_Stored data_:

-- ===== src/Transfer/Sending.antt =====
-- A message on the wire: its header, then its payload, in one piece.
use shp.Base.{
  ℕ, ◌+◌, ◌≤◌, ◌≡◌, sym, ap, ◌∙◌, ℤ, true, false, Bool-cases, inl, inr, ◌++◌, ◌==◌, length, take,
  length-append, length-take, append_assoc, arith, take-take, take_all, take-append_past,
  take-append_within, append-nil,
}
use shp.Memory.{Memory, IsU32, cells}
use shp.ErrorCodes.{is_ok, ok, eq_of_is_ok}
use shp.Message.{Message, block, header_bytes, header_size}
use shp.Message.Wire.{length-header_cells}
use shp.Os.{Os}
use shp.Os.Laws.{SendLaws}
use shp.Socket.{send_data, is_settable}
use shp.Socket.Send.{Delivers, send_data-Delivers, SendsFront, Delivers-SendsFront}
use shp.Transfer.{send_parts}

-- What a message is on the wire.
abbrev pub wire : Message → Memory
wire m = cells (header_bytes m.header) ++ take m.payload_size (block m.raw_payload)

module _ (os : Os) (laws : SendLaws os) (fd : ℤ) (timeout : ℕ) (m : Message) (w : os.World)
    (open_fd : is_settable fd ≡ true) (whole : m.payload_size ≤ length (block m.raw_payload))
    (word : IsU32 m.payload_size) where
  open laws use {outgoing}

  head :
      Delivers os laws fd
        (cells (header_bytes m.header))
        header_size
        w
        (send_data os fd (cells (header_bytes m.header)) header_size timeout)
  head =
      send_data-Delivers os laws fd (cells (header_bytes m.header)) header_size timeout w open_fd
        (omega (arith, length-header_cells m.header)) (omega arith)

  length-wire : length (wire m) ≡ header_size + m.payload_size
  length-wire = omega (
    arith,
    length-append (cells (header_bytes m.header)) (take m.payload_size (block m.raw_payload)),
    length-header_cells m.header,
    length-take m.payload_size (block m.raw_payload),
  )

  whole_header : is_ok head.result ≡ true → head.count ≡ header_size
  whole_header going = head.complete (eq_of_is_ok head.result going)

  -- All of the header, and some of the payload.
  two_pieces :
      (k : ℕ)
      → is_ok head.result ≡ true
      → outgoing head.after fd ++ take k (take m.payload_size (block m.raw_payload))
        ≡ outgoing w fd ++ take (header_size + k) (wire m)
  two_pieces k going =
      let H : Memory = cells (header_bytes m.header) in
      let P : Memory = take m.payload_size (block m.raw_payload) in
      ap (λ o. o ++ take k P)
        (head.appended
          ∙ ap (λ n. outgoing w fd ++ take n H) (whole_header going)
          ∙ ap (◌++◌ (outgoing w fd))
              (take_all H header_size (omega (arith, length-header_cells m.header))))
      ∙ append_assoc (outgoing w fd) H (take k P)
      ∙ ap (◌++◌ (outgoing w fd))
          (sym (take-append_past H P header_size k (sym (length-header_cells m.header))))

  sent_header :
      is_ok head.result ≡ true
      → (m.payload_size == 0) ≡ true
      → Delivers os laws fd (wire m) (length (wire m)) w (send_parts os fd timeout m)
  unfolding send_parts
  sent_header going empty = record {
    result = ok;
    after = head.after;
    count = header_size + 0;
    runs = rw (head.runs, going, empty);
    bounded = omega (arith, length-wire);
    appended = sym (append-nil _) ∙ two_pieces 0 going;
    complete = λ e. ground (arith, length-wire, empty);
  }

  sent_payload :
      is_ok head.result ≡ true
      → (m.payload_size == 0) ≡ false
      → Delivers os laws fd (wire m) (length (wire m)) w (send_parts os fd timeout m)
  unfolding send_parts
  sent_payload going more =
      let d =
        send_data-Delivers os laws fd (block m.raw_payload) m.payload_size timeout head.after
          open_fd whole word in
      record {
        result = d.result;
        after = d.after;
        count = header_size + d.count;
        runs = rw (head.runs, going, more) d.runs;
        bounded = omega (arith, length-wire, d.bounded);
        appended =
            d.appended
            ∙ ap (◌++◌ (outgoing head.after fd))
                (sym (take-take d.count m.payload_size (block m.raw_payload) d.bounded))
            ∙ two_pieces d.count going;
        complete = λ e. omega (arith, length-wire, d.complete e);
      }

  -- Sending a message ends, and it is sent whole if the result is `ok`.
  pub send_parts-Delivers :
      Delivers os laws fd (wire m) (length (wire m)) w (send_parts os fd timeout m)
  unfolding send_parts
  send_parts-Delivers = elim (Bool-cases (is_ok head.result)) [
    | inr stopped ↦ record {
      result = head.result;
      after = head.after;
      count = head.count;
      runs = rw (head.runs, stopped);
      bounded = omega (arith, head.bounded, length-wire);
      appended =
          head.appended
          ∙ ap (◌++◌ (outgoing w fd)) (
              sym (
                take-append_within (cells (header_bytes m.header))
                  (take m.payload_size (block m.raw_payload)) head.count
                  (omega (arith, head.bounded, length-header_cells m.header))));
      complete = λ e. ground (arith, e, stopped);
    }
    | inl going ↦ elim (Bool-cases (m.payload_size == 0)) [
      | inl empty ↦ sent_header going empty
      | inr more ↦ sent_payload going more
    ]
  ]

  -- On an open descriptor, sending a message that holds its whole payload ends. Whatever the result,
  -- the connection carries a first part of the header and the payload behind what was sent before;
  -- the result is a failure, or this is the whole message.
  pub send_parts-SendsFront :
      SendsFront os laws fd (wire m) (length (wire m)) w (send_parts os fd timeout m)
  send_parts-SendsFront =
      Delivers-SendsFront os laws fd (wire m) (length (wire m)) w (send_parts os fd timeout m)
        send_parts-Delivers
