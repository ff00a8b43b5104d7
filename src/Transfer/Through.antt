-- ===== src/Transfer/Through.antt =====
-- A message that one program sends and another receives.
use shp.Base.{
  ℕ, ◌≡◌, refl, sym, ap, ap₂, ◌∙◌, subst, ℤ, true, some, List, [], ◌∷◌, ◌++◌, length, take,
  take_left, take_all, append_split, append_assoc, append-nil, length-map, done, arith,
}
use shp.Memory.{Memory, Cell, IsU32, cells}
use shp.ErrorCodes.{ErrorCode, ok}
use shp.Message.{Message, Header, block, header_bytes}
use shp.Message.Fields.{Field, encode, Represents, Represents-bounded, length-encode}
use shp.Message.Arriving.{FieldsArrive, encode-FieldsArrive}
use shp.Memory.Arrives.{Arrives, Arrives-append, Arrives-cells, length-Arrives}
use shp.Message.Wire.{IsHeader}
use shp.Os.{Os}
use shp.Os.Laws.{RecvLaws, SendLaws, IsPrompt}
use shp.Socket.{is_settable}
use shp.Transfer.{send_parts, recv_parts}
use shp.Transfer.Receiving.{arrived, recv_parts-arrived}
use shp.Transfer.Sending.{wire, send_parts-Delivers}

some_tail : (a b : ℕ) (xs ys : Memory) → some a ∷ xs ≡ some b ∷ ys → (a ≡ b) × (xs ≡ ys)
some_tail a b xs ys e = (cc, cc)

cells_injective : (xs ys : List ℕ) → cells xs ≡ cells ys → xs ≡ ys
cells_injective [] [] e = refl
cells_injective [] (y ∷ ys) e = cc
cells_injective (x ∷ xs) [] e = cc
cells_injective (x ∷ xs) (y ∷ ys) e =
    let (same, rest) = some_tail x y (cells xs) (cells ys) e in
    ap₂ ◌∷◌ same (cells_injective xs ys rest)

-- Bytes of which a last part is known.
split_last :
    (bytes : List ℕ) (front : Memory) (rest : List ℕ)
    → cells bytes ≡ front ++ cells rest
    → (body : List ℕ) × (cells body ≡ front) × (bytes ≡ body ++ rest)
split_last bytes [] rest e = ([], refl, cells_injective bytes rest e)
split_last [] (c ∷ front) rest e = cc
split_last (b ∷ bytes) (c ∷ front) rest e =
    let parts : (some b ≡ c) × (cells bytes ≡ front ++ cells rest) = (cc, cc) in
    let (body, same, split) = split_last bytes front rest parts.1 in
    (b ∷ body, ap₂ ◌∷◌ parts.0 same, ap (◌∷◌ b) split)

-- Bytes of which a first part is known.
split_first :
    (bytes front : List ℕ) (back : Memory)
    → cells bytes ≡ cells front ++ back
    → (rest : List ℕ) × (bytes ≡ front ++ rest) × (cells rest ≡ back)
split_first bytes [] back e = (bytes, refl, e)
split_first [] (f ∷ front) back e = cc
split_first (b ∷ bytes) (f ∷ front) back e =
    let (same, tail) = some_tail b f (cells bytes) (cells front ++ back) e in
    let (rest, split, other) = split_first bytes front back tail in
    (rest, ap₂ ◌∷◌ same split, other)

-- The used part of the block is the encoding of the fields.
used_part :
    (m : Message) (fs : List Field)
    → Represents m fs
    → take m.payload_size (block m.raw_payload) ≡ encode fs
used_part m fs r =
    ap (take m.payload_size) r.content ∙ take_left (encode fs) r.spare m.payload_size r.used

-- A received message stands for the fields of which its payload is the encoding.
arrived-Represents :
    (h : Header) (body : List ℕ) (fs : List Field)
    → cells body ≡ encode fs
    → h.payload_size ≡ length body
    → IsU32 h.payload_size
    → Represents (arrived h body) fs
arrived-Represents h [] fs e size word = record {
  spare = [];
  content = sym (append-nil (encode fs) ∙ sym e);
  used = size ∙ ap length e;
  allocated = refl;
  in_range = omega arith;
}
arrived-Represents h (b ∷ body) fs e size word = record {
  spare = [];
  content = e ∙ sym (append-nil (encode fs));
  used = omega (arith, size, ap length e, length-map {0, 0} {B = Cell} some body);
  allocated = omega (arith, length-map {0, 0} {B = Cell} some body);
  in_range = omega (arith, size);
}

arrived-header : (h : Header) (body : List ℕ) → (arrived h body).header ≡ h
arrived-header h [] = refl
arrived-header h (b ∷ body) = refl

-- Received whole: the header is the one sent, the message stands for fields that arrive of those
-- sent, and what follows stays on the connection.
pub record Crossed (receiver : Os) (laws : RecvLaws receiver) (fd : ℤ) (timeout : ℕ) (m : Message)
    (fs : List Field) (rest : List ℕ) (w : receiver.World) : Type 0 where
  pub message : Message
  pub fields : List Field
  pub after : receiver.World
  pub runs : recv_parts receiver fd timeout w ≡ done ((ok, some message), after)
  pub same_header : message.header ≡ m.header
  pub arrive : FieldsArrive fs fields
  pub represents : Represents message fields
  pub left : laws.incoming after fd ≡ rest

pub done_injective : {A : Type 0} (x y : A) → done x ≡ done y → x ≡ y
done_injective x y e = cc

-- What has been sent of a message whose transfer succeeded is the header and the fields.
sent_whole :
    (os : Os) (laws : SendLaws os) (fd : ℤ) (timeout : ℕ) (m : Message) (fs : List Field)
    (w w' : os.World) (sent : Memory)
    → is_settable fd ≡ true
    → Represents m fs
    → send_parts os fd timeout m w ≡ done (ok, w')
    → laws.outgoing w' fd ≡ laws.outgoing w fd ++ sent
    → sent ≡ cells (header_bytes m.header) ++ encode fs
sent_whole os laws fd timeout m fs w w' sent open_fd r runs e =
    let (inside, word) = Represents-bounded m fs r in
    let d = send_parts-Delivers os laws fd timeout m w open_fd inside word in
    let same_end : ◌≡◌ {A = ErrorCode × os.World} (d.result, d.after) (ok, w') =
      done_injective (d.result, d.after) (ok, w') (sym d.runs ∙ runs) in
    let ends : d.result ≡ ok = ap (λ p. p.0) same_end in
    let stays : d.after ≡ w' = ap (λ p. p.1) same_end in
    let all : take d.count (wire m) ≡ wire m =
      take_all (wire m) d.count (omega (arith, d.complete ends)) in
    let (same, new) =
      append_split (laws.outgoing w fd) sent (laws.outgoing w fd) (take d.count (wire m))
        (sym e ∙ ap (λ x. laws.outgoing x fd) (sym stays) ∙ d.appended) refl in
    new ∙ all ∙ ap (◌++◌ (cells (header_bytes m.header))) (used_part m fs r)

-- The bytes on the other end are a header, fields that arrive of those sent, and what is behind.
came :
    (h : Header) (fs : List Field) (bytes rest : List ℕ)
    → Arrives ((cells (header_bytes h) ++ encode fs) ++ cells rest) (cells bytes)
    → (body : List ℕ) × (gs : List Field) × (bytes ≡ header_bytes h ++ (body ++ rest))
      × FieldsArrive fs gs
      × (cells body ≡ encode gs)
came h fs bytes rest a =
    let (front, back, e1, a1, b1) =
      Arrives-append (cells (header_bytes h) ++ encode fs) (cells rest) (cells bytes) a in
    let (head, fields, e2, a2, b2) = Arrives-append (cells (header_bytes h)) (encode fs) front a1 in
    let (gs, arrive, e3) = encode-FieldsArrive fs fields b2 in
    let whole : cells bytes ≡ cells (header_bytes h) ++ (encode gs ++ cells rest) =
      e1
      ∙ ap₂ (λ x y. x ++ y)
          (e2 ∙ ap₂ (λ x y. x ++ y) (sym (Arrives-cells (header_bytes h) head a2)) e3)
          (sym (Arrives-cells rest back b1))
      ∙ append_assoc (cells (header_bytes h)) (encode gs) (cells rest) in
    let (tail, split, tail_cells) =
      split_first bytes (header_bytes h) (encode gs ++ cells rest) whole in
    let (body, body_cells, tail_split) = split_last tail (encode gs) rest tail_cells in
    (body, gs, split ∙ ap (◌++◌ (header_bytes h)) tail_split, arrive, body_cells)

length-encode-FieldsArrive :
    (fs gs : List Field) → FieldsArrive fs gs → length (encode fs) ≡ length (encode gs)
length-encode-FieldsArrive [] [] a = refl
length-encode-FieldsArrive [] (g ∷ gs) a = absurd a
length-encode-FieldsArrive (f ∷ fs) [] a = absurd a
length-encode-FieldsArrive (f ∷ fs) (g ∷ gs) ((tag, value), a) = omega (
  arith,
  length-encode f fs,
  length-encode g gs,
  length-Arrives f.value g.value value,
  length-encode-FieldsArrive fs gs a,
)

module _ (sender : Os) (sends : SendLaws sender) (receiver : Os) (recvs : RecvLaws receiver)
    (prompt : IsPrompt receiver recvs) where
  -- A message that stands for some fields and is sent with the result `ok` is received by a prompt
  -- connection to which what was sent has come: the received message has the same header and stands for
  -- fields with the same tags and, wherever a byte of a value was written, the same byte; and what
  -- comes behind it stays on the connection.
  pub send_parts-recv_parts :
      (fd fd' : ℤ) (timeout timeout' : ℕ) (m : Message) (fs : List Field) (w w' : sender.World)
      (v : receiver.World) (sent : Memory) (rest : List ℕ)
      → is_settable fd ≡ true
      → is_settable fd' ≡ true
      → IsHeader m.header
      → Represents m fs
      → send_parts sender fd timeout m w ≡ done (ok, w')
      → sends.outgoing w' fd ≡ sends.outgoing w fd ++ sent
      → Arrives (sent ++ cells rest) (cells (recvs.incoming v fd'))
      → Crossed receiver recvs fd' timeout' m fs rest v
  send_parts-recv_parts fd fd' timeout timeout' m fs w w' v sent rest open_fd open_fd' valid r runs
        goes comes =
      let whole = sent_whole sender sends fd timeout m fs w w' sent open_fd r runs goes in
      let (body, gs, split, arrive, body_cells) =
        came m.header fs (recvs.incoming v fd') rest
          (subst (λ b. Arrives (b ++ cells rest) (cells (recvs.incoming v fd'))) whole comes) in
      let size : m.payload_size ≡ length body = omega (
        arith,
        r.used,
        ap length body_cells,
        length-encode-FieldsArrive fs gs arrive,
        length-map {0, 0} {B = Cell} some body,
      ) in
      let (v', receives, left) =
        recv_parts-arrived receiver recvs prompt fd' timeout' open_fd' rest m.header body v valid
          size split in
      record {
        message = arrived m.header body;
        fields = gs;
        after = v';
        runs = receives;
        same_header = arrived-header m.header body;
        arrive = arrive;
        represents = arrived-Represents m.header body gs body_cells size valid.size_word;
        left = left;
      }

_GOAL OF THE EXERCISE_:
Write out exactly the lines that fall from the line with "(sym e ∙ ap" to the line with "length-encode-FieldsArrive [] (g" in the records above, keeping both ends.

_RESPONSE_:
        (sym e ∙ ap (λ x. laws.outgoing x fd) (sym stays) ∙ d.appended) refl in
    new ∙ all ∙ ap (◌++◌ (cells (header_bytes m.header))) (used_part m fs r)

-- The bytes on the other end are a header, fields that arrive of those sent, and what is behind.
came :
    (h : Header) (fs : List Field) (bytes rest : List ℕ)
    → Arrives ((cells (header_bytes h) ++ encode fs) ++ cells rest) (cells bytes)
    → (body : List ℕ) × (gs : List Field) × (bytes ≡ header_bytes h ++ (body ++ rest))
      × FieldsArrive fs gs
      × (cells body ≡ encode gs)
came h fs bytes rest a =
    let (front, back, e1, a1, b1) =
      Arrives-append (cells (header_bytes h) ++ encode fs) (cells rest) (cells bytes) a in
    let (head, fields, e2, a2, b2) = Arrives-append (cells (header_bytes h)) (encode fs) front a1 in
    let (gs, arrive, e3) = encode-FieldsArrive fs fields b2 in
    let whole : cells bytes ≡ cells (header_bytes h) ++ (encode gs ++ cells rest) =
      e1
      ∙ ap₂ (λ x y. x ++ y)
          (e2 ∙ ap₂ (λ x y. x ++ y) (sym (Arrives-cells (header_bytes h) head a2)) e3)
          (sym (Arrives-cells rest back b1))
      ∙ append_assoc (cells (header_bytes h)) (encode gs) (cells rest) in
    let (tail, split, tail_cells) =
      split_first bytes (header_bytes h) (encode gs ++ cells rest) whole in
    let (body, body_cells, tail_split) = split_last tail (encode gs) rest tail_cells in
    (body, gs, split ∙ ap (◌++◌ (header_bytes h)) tail_split, arrive, body_cells)

length-encode-FieldsArrive :
    (fs gs : List Field) → FieldsArrive fs gs → length (encode fs) ≡ length (encode gs)
length-encode-FieldsArrive [] [] a = refl
length-encode-FieldsArrive [] (g ∷ gs) a = absurd a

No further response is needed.